=== Section Start ===
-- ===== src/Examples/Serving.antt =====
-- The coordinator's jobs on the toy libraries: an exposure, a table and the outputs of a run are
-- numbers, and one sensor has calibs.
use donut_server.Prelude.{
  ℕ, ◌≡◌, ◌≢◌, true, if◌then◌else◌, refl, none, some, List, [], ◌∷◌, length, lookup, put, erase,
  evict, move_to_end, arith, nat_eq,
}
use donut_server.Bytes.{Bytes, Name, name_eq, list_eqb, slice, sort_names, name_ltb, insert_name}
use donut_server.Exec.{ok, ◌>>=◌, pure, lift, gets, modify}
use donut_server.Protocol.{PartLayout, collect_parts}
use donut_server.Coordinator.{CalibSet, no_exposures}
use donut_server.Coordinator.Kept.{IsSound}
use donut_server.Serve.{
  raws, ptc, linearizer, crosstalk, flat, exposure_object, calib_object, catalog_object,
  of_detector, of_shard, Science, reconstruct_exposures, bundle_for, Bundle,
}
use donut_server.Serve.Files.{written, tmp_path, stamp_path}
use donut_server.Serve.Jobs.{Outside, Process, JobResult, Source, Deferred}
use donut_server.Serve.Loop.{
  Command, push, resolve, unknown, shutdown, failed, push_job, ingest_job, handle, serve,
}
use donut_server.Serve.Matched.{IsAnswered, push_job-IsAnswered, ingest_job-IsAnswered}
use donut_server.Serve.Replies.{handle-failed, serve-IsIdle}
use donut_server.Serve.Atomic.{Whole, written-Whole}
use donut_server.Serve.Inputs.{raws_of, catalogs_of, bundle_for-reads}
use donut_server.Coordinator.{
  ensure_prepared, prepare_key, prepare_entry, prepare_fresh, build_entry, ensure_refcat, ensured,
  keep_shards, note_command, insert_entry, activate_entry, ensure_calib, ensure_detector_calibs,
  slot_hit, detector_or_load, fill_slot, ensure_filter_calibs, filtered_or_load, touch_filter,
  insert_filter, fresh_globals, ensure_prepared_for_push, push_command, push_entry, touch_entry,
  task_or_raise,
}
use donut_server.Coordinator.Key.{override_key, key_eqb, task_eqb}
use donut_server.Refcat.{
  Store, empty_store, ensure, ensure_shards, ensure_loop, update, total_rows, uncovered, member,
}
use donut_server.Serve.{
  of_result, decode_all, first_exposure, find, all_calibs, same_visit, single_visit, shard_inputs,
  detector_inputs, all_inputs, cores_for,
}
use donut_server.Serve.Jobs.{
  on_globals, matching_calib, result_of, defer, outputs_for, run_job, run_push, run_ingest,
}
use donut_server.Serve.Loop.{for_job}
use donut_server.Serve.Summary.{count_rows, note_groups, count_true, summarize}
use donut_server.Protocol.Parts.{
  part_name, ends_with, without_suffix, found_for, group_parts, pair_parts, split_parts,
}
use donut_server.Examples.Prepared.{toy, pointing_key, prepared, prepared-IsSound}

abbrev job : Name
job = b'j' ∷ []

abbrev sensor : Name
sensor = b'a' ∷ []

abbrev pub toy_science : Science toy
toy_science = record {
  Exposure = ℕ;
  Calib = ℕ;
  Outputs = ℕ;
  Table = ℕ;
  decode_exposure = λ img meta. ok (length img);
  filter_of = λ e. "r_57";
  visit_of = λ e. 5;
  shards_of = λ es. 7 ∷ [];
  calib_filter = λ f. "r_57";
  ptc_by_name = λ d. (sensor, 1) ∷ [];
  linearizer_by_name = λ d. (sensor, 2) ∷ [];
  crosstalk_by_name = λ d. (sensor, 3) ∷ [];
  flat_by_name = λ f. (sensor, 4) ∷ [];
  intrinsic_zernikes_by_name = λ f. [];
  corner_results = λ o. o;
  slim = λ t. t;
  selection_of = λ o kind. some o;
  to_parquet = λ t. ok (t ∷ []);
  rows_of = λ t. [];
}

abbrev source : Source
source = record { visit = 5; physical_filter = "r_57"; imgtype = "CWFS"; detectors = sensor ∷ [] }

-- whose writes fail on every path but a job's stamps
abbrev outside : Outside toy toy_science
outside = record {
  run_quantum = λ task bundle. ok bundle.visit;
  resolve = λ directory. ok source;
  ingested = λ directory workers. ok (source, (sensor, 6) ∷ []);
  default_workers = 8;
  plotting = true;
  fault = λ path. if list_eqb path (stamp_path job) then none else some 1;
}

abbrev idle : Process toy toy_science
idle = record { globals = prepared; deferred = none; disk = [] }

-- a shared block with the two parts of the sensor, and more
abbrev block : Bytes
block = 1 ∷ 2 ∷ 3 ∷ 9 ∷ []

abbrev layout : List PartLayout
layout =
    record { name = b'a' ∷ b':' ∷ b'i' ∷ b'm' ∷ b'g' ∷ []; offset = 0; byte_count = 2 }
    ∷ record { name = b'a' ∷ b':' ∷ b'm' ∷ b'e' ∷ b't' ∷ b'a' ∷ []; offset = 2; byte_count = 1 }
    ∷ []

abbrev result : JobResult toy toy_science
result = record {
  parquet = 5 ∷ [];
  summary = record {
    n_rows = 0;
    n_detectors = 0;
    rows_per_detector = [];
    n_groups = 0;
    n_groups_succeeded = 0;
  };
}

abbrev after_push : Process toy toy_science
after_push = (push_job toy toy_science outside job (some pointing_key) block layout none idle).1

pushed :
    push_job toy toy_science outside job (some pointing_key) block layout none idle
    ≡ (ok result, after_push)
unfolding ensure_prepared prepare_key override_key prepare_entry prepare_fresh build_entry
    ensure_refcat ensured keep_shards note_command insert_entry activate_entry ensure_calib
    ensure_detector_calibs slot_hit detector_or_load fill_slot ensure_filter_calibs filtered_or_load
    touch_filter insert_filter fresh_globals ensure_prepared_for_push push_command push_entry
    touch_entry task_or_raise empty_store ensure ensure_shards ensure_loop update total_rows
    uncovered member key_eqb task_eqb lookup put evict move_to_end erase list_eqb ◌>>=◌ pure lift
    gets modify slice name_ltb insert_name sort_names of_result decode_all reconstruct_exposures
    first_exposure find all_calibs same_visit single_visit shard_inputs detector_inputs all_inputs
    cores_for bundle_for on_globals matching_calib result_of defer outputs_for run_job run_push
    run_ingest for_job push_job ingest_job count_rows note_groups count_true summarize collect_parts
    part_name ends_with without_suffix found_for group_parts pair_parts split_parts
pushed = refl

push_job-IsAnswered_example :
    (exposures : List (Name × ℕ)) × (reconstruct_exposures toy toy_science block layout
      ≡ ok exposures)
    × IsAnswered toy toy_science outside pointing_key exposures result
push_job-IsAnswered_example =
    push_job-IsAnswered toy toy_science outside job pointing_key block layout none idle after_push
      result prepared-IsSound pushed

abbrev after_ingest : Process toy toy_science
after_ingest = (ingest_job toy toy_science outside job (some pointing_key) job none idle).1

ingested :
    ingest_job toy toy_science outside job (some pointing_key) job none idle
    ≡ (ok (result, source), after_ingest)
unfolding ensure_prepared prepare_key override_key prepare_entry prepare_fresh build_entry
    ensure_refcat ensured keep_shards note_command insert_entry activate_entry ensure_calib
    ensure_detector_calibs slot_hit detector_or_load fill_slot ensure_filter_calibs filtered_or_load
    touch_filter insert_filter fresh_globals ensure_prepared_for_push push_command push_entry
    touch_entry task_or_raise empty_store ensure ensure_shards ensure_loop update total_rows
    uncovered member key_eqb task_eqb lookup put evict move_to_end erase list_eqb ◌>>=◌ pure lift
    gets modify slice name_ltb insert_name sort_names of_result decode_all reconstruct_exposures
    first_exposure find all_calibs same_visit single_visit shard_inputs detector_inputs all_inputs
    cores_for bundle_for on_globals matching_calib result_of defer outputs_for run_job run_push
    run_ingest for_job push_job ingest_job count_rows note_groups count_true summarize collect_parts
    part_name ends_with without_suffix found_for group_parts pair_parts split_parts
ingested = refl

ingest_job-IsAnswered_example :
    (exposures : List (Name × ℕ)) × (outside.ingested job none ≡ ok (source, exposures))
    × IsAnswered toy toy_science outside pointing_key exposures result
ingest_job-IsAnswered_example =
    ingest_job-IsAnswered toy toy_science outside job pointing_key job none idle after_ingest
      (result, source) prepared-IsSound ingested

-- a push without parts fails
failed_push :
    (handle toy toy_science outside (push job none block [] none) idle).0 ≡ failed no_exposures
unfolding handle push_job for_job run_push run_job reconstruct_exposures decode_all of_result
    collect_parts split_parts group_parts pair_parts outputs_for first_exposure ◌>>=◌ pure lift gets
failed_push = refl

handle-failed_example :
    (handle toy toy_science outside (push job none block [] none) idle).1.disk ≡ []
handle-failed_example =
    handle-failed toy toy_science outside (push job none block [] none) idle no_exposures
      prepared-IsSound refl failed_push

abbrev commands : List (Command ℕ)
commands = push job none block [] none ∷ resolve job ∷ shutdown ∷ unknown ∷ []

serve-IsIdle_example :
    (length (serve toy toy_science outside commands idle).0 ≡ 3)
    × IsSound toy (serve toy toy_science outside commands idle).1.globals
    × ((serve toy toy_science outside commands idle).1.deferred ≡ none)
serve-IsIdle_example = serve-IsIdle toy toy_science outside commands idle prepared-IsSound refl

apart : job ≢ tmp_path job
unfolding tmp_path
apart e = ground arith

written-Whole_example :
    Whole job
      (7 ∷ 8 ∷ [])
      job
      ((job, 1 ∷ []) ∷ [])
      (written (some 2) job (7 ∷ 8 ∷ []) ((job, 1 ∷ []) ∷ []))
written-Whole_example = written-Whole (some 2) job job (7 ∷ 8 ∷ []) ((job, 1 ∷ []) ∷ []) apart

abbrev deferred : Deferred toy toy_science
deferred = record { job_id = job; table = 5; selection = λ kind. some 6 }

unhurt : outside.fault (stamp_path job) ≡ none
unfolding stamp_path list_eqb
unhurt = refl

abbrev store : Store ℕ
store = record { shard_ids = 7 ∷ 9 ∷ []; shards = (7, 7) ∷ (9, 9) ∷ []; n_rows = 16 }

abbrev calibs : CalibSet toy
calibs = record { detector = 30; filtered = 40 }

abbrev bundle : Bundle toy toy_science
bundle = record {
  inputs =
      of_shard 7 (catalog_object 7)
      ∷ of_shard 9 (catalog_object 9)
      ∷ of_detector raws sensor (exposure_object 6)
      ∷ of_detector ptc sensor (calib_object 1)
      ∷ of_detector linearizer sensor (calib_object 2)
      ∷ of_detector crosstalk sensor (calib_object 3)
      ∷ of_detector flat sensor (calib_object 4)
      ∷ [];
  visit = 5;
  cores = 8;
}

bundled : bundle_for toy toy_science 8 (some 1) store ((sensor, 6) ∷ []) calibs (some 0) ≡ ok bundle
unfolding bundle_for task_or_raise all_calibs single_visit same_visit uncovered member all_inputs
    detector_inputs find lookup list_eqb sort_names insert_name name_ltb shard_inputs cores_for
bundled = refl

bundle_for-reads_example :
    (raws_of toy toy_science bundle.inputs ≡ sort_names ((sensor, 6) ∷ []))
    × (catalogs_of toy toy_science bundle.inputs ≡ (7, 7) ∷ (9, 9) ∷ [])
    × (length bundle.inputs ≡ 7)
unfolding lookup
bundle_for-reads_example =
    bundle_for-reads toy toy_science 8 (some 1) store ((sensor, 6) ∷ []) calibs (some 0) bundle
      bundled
=== Section End ===
When a line in the material above holds the word "unhurt", copy that line.

unhurt : outside.fault (stamp_path job) ≡ none
unhurt = refl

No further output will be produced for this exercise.